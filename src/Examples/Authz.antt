-- ===== src/Examples/Authz.antt =====
-- Permissions, roles and policies at concrete inputs.
use rust_libraries.Prelude.{
  true, String, some, List, [], ◌∷◌, ◌≡◌, refl, ◌↔◌, ◌⊎◌, ok, err, string_eq, contains,
}
use rust_libraries.Security.Error.{forbidden}
use rust_libraries.Security.Authz.Permission.{
  Permission, star, colon, split, grants, grants_from, text_eq, text_instance,
}
use rust_libraries.Security.Authz.Covers.{Covers, grants_iff}
use rust_libraries.Security.Authz.Roles.{RoleRegistry, effective_permissions}
use rust_libraries.Security.Authz.Walk.{Granted, effective_permissions_iff}
use rust_libraries.Security.Authz.Authorizer.{
  Exists, own, authorize_for_resource, authorize_for_resource_iff,
}
use rust_libraries.Security.Authz.Policy.{
  str, Attributes, Conditions, nil, cons, present, equals, Effect, PolicySet, authorize_policies,
}
use rust_libraries.Security.Authz.Combining.{Matches, authorize_policies_iff}
use rust_libraries.Examples.Clock.{plain_bytes}

-- `a:*`, `a:b`, `a:b:c`.
abbrev a_any : Permission
a_any = b'a' ∷ colon ∷ star

abbrev a_b : Permission
a_b = b'a' ∷ colon ∷ b'b' ∷ []

abbrev a_b_c : Permission
a_b_c = b'a' ∷ colon ∷ b'b' ∷ colon ∷ b'c' ∷ []

covers_deep : grants a_any a_b_c ≡ true
unfolding grants split grants_from text_eq
covers_deep = refl

grants_iff_example :
    (grants a_any a_b_c ≡ true) ↔ ((a_any ≡ star) ⊎ Covers (split a_any) (split a_b_c))
grants_iff_example = grants_iff a_any a_b_c

-- `editor` and `viewer` inherit from each other, and `editor` from an undefined role.
abbrev roles : RoleRegistry
roles =
    ("editor", record { name = "editor"; permissions = a_b ∷ []; parents = "viewer" ∷ "gone" ∷ [] })
    ∷ ("viewer", record { name = "viewer"; permissions = a_b_c ∷ []; parents = "editor" ∷ [] })
    ∷ []

effective_permissions_iff_example :
    (out : List Permission) × (effective_permissions roles ("editor" ∷ []) ≡ some out)
    × ((p : Permission) → (contains p out ≡ true) ↔ Granted roles ("editor" ∷ []) p)
effective_permissions_iff_example = effective_permissions_iff roles ("editor" ∷ [])

abbrev ann : String
ann = "ann"

authorize_for_resource_iff_example :
    ((authorize_for_resource (own a_b ∷ []) a_b ann ann ≡ ok tt) ↔ (
      Exists (λ g. grants g a_b ≡ true) (own a_b ∷ [])
      ⊎ ((ann ≡ ann) × Exists (λ g. grants g (own a_b) ≡ true) (own a_b ∷ []))))
    × ((authorize_for_resource (own a_b ∷ []) a_b ann ann ≡ ok tt)
        ⊎ (authorize_for_resource (own a_b ∷ []) a_b ann ann ≡ err forbidden))
authorize_for_resource_iff_example = authorize_for_resource_iff (own a_b ∷ []) a_b ann ann

abbrev policies : PolicySet
policies =
    record { effect = Effect.allow; condition = present "user" }
    ∷ record { effect = Effect.deny; condition = equals "user" (str "eve") }
    ∷ []

abbrev eve : Attributes
eve = ("user", str "eve") ∷ []

authorize_policies_iff_example :
    ((authorize_policies policies eve ≡ ok tt) ↔ (
      Exists (Matches Effect.allow eve) policies × ¬ (Exists (Matches Effect.deny eve) policies)))
    × ((authorize_policies policies eve ≡ ok tt)
        ⊎ (authorize_policies policies eve ≡ err forbidden))
authorize_policies_iff_example = authorize_policies_iff policies eve

abbrev both : Conditions
both = cons (present "user") (cons (present "team") nil)
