-- ===== src/Examples/Data.antt =====
-- Locks, idempotency keys and the rate limiter at concrete inputs.
use rust_libraries.Prelude.{
  ℕ, false, String, none, some, List, [], ◌∷◌, ◌≡◌, ◌≢◌, refl, arith, ok, string_eq, ne_of_==,
}
use rust_libraries.Prelude.Int.{pos}
use rust_libraries.Prelude.Map.{get, insert, Map}
use rust_libraries.Time.{Timestamp}
use rust_libraries.Data.Locks.{LockTable, LockGuard, acquire, in_memory}
use rust_libraries.Data.Locks.Exclusion.{Action, acquires, perform_all, granted_excludes}
use rust_libraries.Data.Idempotency.{Outcome, Store, begin, complete, claimed, finished}
use rust_libraries.Data.Idempotency.Replay
use rust_libraries.Data.RateLimit.{Window}
use rust_libraries.Examples.Clock.{utc}

abbrev guard : LockGuard
guard = record { key = "job"; token = 1; released = false }

abbrev held : LockTable
held = ("job", (1, 105)) ∷ []

granted : acquire [] 100 1 "job" (pos 5) ≡ ok (held, some guard)
unfolding acquire get insert in_memory
granted = refl

abbrev between : List (Timestamp × Action)
between = (101, acquires 2 "job" (pos 9)) ∷ (102, acquires 3 "mail" (pos 9)) ∷ []

granted_excludes_example :
    acquire (perform_all held between) 104 4 "job" (pos 7) ≡ ok (perform_all held between, none)
granted_excludes_example =
    granted_excludes [] held guard 100 104 1 4 "job" (pos 5) (pos 7) 105 between granted refl
      ((omega arith, tt), ((omega arith, tt), tt)) (omega arith) refl

abbrev nothing : Store ℕ
nothing = []

abbrev paid : Timestamp × Replay.Call ℕ
paid = (11, Replay.begins "refund")

refund_apart : ◌≢◌ {A = String} "refund" "pay"
refund_apart = ne_of_== "refund" "pay" refl

begin_claims_once_example :
    ((begin 0 nothing 10 "pay").1 ≡ Outcome.new)
    × (begin 0 (Replay.perform_all 0 (begin 0 nothing 10 "pay").0 (paid ∷ [])) 12 "pay"
        ≡ (Replay.perform_all 0 (begin 0 nothing 10 "pay").0 (paid ∷ []), Outcome.in_progress))
begin_claims_once_example =
    Replay.begin_claims_once 0 nothing 10 12 "pay" (paid ∷ []) (unfold get in refl) (tt, tt)

abbrev pending : Store ℕ
pending = ("pay", claimed 10 "pay") ∷ []

abbrev settled : Store ℕ
settled = ("pay", finished 11 42 (claimed 10 "pay")) ∷ []

completes_pay : complete pending 11 "pay" 42 ≡ ok settled
unfolding complete get insert
completes_pay = refl

complete-replays_example :
    begin 0 (Replay.perform_all 0 settled ((12, Replay.completes "refund" 9) ∷ [])) 13 "pay"
    ≡ (Replay.perform_all 0 settled ((12, Replay.completes "refund" 9) ∷ []), Outcome.completed 42)
complete-replays_example =
    Replay.complete-replays 0 pending settled 11 13 "pay" 42
      ((12, Replay.completes "refund" 9) ∷ []) completes_pay (refund_apart, tt)

abbrev used : Window
used = record { started = 1000; count = 1 }

abbrev windows : Map String Window
windows = ("ip", used) ∷ []

-- A window of five milliseconds, with room for three.
abbrev times : List Timestamp
times = 2000 ∷ 2500 ∷ 1003000 ∷ 4000000 ∷ []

» **PROBLEM TO SOLVE**
Copy out the entire material exactly.

» **ANSWER TO THIS PROBLEM**
filename src/Examples/Authz.antt
-- ===== src/Examples/Authz.antt =====
-- Permissions, roles and policies at concrete inputs.
use rust_libraries.Prelude.{
  true, String, some, List, [], ◌∷◌, ◌≡◌, refl, ◌↔◌, ◌⊎◌, ok, err, string_eq, contains,
}
use rust_libraries.Security.Error.{forbidden}
use rust_libraries.Security.Authz.Permission.{
  Permission, star, colon, split, grants, grants_from, text_eq, text_instance,
}
use rust_libraries.Security.Authz.Covers.{Covers, grants_iff}
use rust_libraries.Security.Authz.Roles.{RoleRegistry, effective_permissions}
use rust_libraries.Security.Authz.Walk.{Granted, effective_permissions_iff}
use rust_libraries.Security.Authz.Authorizer.{
  Exists, own, authorize_for_resource, authorize_for_resource_iff,
}
use rust_libraries.Security.Authz.Policy.{
  str, Attributes, Conditions, nil, cons, present, equals, Effect, PolicySet, authorize_policies,
}
use rust_libraries.Security.Authz.Combining.{Matches, authorize_policies_iff}
use rust_libraries.Examples.Clock.{plain_bytes}

-- `a:*`, `a:b`, `a:b:c`.
abbrev a_any : Permission
a_any = b'a' ∷ colon ∷ star

abbrev a_b : Permission
a_b = b'a' ∷ colon ∷ b'b' ∷ []

abbrev a_b_c : Permission
a_b_c = b'a' ∷ colon ∷ b'b' ∷ colon ∷ b'c' ∷ []

covers_deep : grants a_any a_b_c ≡ true
unfolding grants split grants_from text_eq
covers_deep = refl

grants_iff_example :
    (grants a_any a_b_c ≡ true) ↔ ((a_any ≡ star) ⊎ Covers (split a_any) (split a_b_c))
grants_iff_example = grants_iff a_any a_b_c

-- `editor` and `viewer` inherit from each other, and `editor` from an undefined role.
abbrev roles : RoleRegistry
roles =
    ("editor", record { name = "editor"; permissions = a_b ∷ []; parents = "viewer" ∷ "gone" ∷ [] })
    ∷ ("viewer", record { name = "viewer"; permissions = a_b_c ∷ []; parents = "editor" ∷ [] })
    ∷ []

effective_permissions_iff_example :
    (out : List Permission) × (effective_permissions roles ("editor" ∷ []) ≡ some out)
    × ((p : Permission) → (contains p out ≡ true) ↔ Granted roles ("editor" ∷ []) p)
effective_permissions_iff_example = effective_permissions_iff roles ("editor" ∷ [])

abbrev ann : String
ann = "ann"

authorize_for_resource_iff_example :
    ((authorize_for_resource (own a_b ∷ []) a_b ann ann ≡ ok tt) ↔ (
      Exists (λ g. grants g a_b ≡ true) (own a_b ∷ [])
      ⊎ ((ann ≡ ann) × Exists (λ g. grants g (own a_b) ≡ true) (own a_b ∷ []))))
    × ((authorize_for_resource (own a_b ∷ []) a_b ann ann ≡ ok tt)
        ⊎ (authorize_for_resource (own a_b ∷ []) a_b ann ann ≡ err forbidden))
authorize_for_resource_iff_example = authorize_for_resource_iff (own a_b ∷ []) a_b ann ann

abbrev policies : PolicySet
policies =
    record { effect = Effect.allow; condition = present "user" }
    ∷ record { effect = Effect.deny; condition = equals "user" (str "eve") }
    ∷ []

abbrev eve : Attributes
eve = ("user", str "eve") ∷ []

authorize_policies_iff_example :
    ((authorize_policies policies eve ≡ ok tt) ↔ (
      Exists (Matches Effect.allow eve) policies × ¬ (Exists (Matches Effect.deny eve) policies)))
    × ((authorize_policies policies eve ≡ ok tt)
        ⊎ (authorize_policies policies eve ≡ err forbidden))
authorize_policies_iff_example = authorize_policies_iff policies eve

abbrev both : Conditions
both = cons (present "user") (cons (present "team") nil)
-- ===== src/Examples/Data.antt =====
-- Locks, idempotency keys and the rate limiter at concrete inputs.
use rust_libraries.Prelude.{
  ℕ, false, String, none, some, List, [], ◌∷◌, ◌≡◌, ◌≢◌, refl, arith, ok, string_eq, ne_of_==,
}
use rust_libraries.Prelude.Int.{pos}
use rust_libraries.Prelude.Map.{get, insert, Map}
use rust_libraries.Time.{Timestamp}
use rust_libraries.Data.Locks.{LockTable, LockGuard, acquire, in_memory}
use rust_libraries.Data.Locks.Exclusion.{Action, acquires, perform_all, granted_excludes}
use rust_libraries.Data.Idempotency.{Outcome, Store, begin, complete, claimed, finished}
use rust_libraries.Data.Idempotency.Replay
use rust_libraries.Data.RateLimit.{Window}
use rust_libraries.Examples.Clock.{utc}

abbrev guard : LockGuard
guard = record { key = "job"; token = 1; released = false }

abbrev held : LockTable
held = ("job", (1, 105)) ∷ []

granted : acquire [] 100 1 "job" (pos 5) ≡ ok (held, some guard)
unfolding acquire get insert in_memory
granted = refl

abbrev between : List (Timestamp × Action)
between = (101, acquires 2 "job" (pos 9)) ∷ (102, acquires 3 "mail" (pos 9)) ∷ []

granted_excludes_example :
    acquire (perform_all held between) 104 4 "job" (pos 7) ≡ ok (perform_all held between, none)
granted_excludes_example =
    granted_excludes [] held guard 100 104 1 4 "job" (pos 5) (pos 7) 105 between granted refl
      ((omega arith, tt), ((omega arith, tt), tt)) (omega arith) refl

abbrev nothing : Store ℕ
nothing = []

abbrev paid : Timestamp × Replay.Call ℕ
paid = (11, Replay.begins "refund")

refund_apart : ◌≢◌ {A = String} "refund" "pay"
refund_apart = ne_of_== "refund" "pay" refl

begin_claims_once_example :
    ((begin 0 nothing 10 "pay").1 ≡ Outcome.new)
    × (begin 0 (Replay.perform_all 0 (begin 0 nothing 10 "pay").0 (paid ∷ [])) 12 "pay"
        ≡ (Replay.perform_all 0 (begin 0 nothing 10 "pay").0 (paid ∷ []), Outcome.in_progress))
begin_claims_once_example =
    Replay.begin_claims_once 0 nothing 10 12 "pay" (paid ∷ []) (unfold get in refl) (tt, tt)

abbrev pending : Store ℕ
pending = ("pay", claimed 10 "pay") ∷ []

abbrev settled : Store ℕ
settled = ("pay", finished 11 42 (claimed 10 "pay")) ∷ []

completes_pay : complete pending 11 "pay" 42 ≡ ok settled
unfolding complete get insert
completes_pay = refl

complete-replays_example :
    begin 0 (Replay.perform_all 0 settled ((12, Replay.completes "refund" 9) ∷ [])) 13 "pay"
    ≡ (Replay.perform_all 0 settled ((12, Replay.completes "refund" 9) ∷ []), Outcome.completed 42)
complete-replays_example =
    Replay.complete-replays 0 pending settled 11 13 "pay" 42
      ((12, Replay.completes "refund" 9) ∷ []) completes_pay (refund_apart, tt)

abbrev used : Window
used = record { started = 1000; count = 1 }

abbrev windows : Map String Window
windows = ("ip", used) ∷ []

-- A window of five milliseconds, with room for three.
abbrev times : List Timestamp
times = 2000 ∷ 2500 ∷ 1003000 ∷ 4000000 ∷ []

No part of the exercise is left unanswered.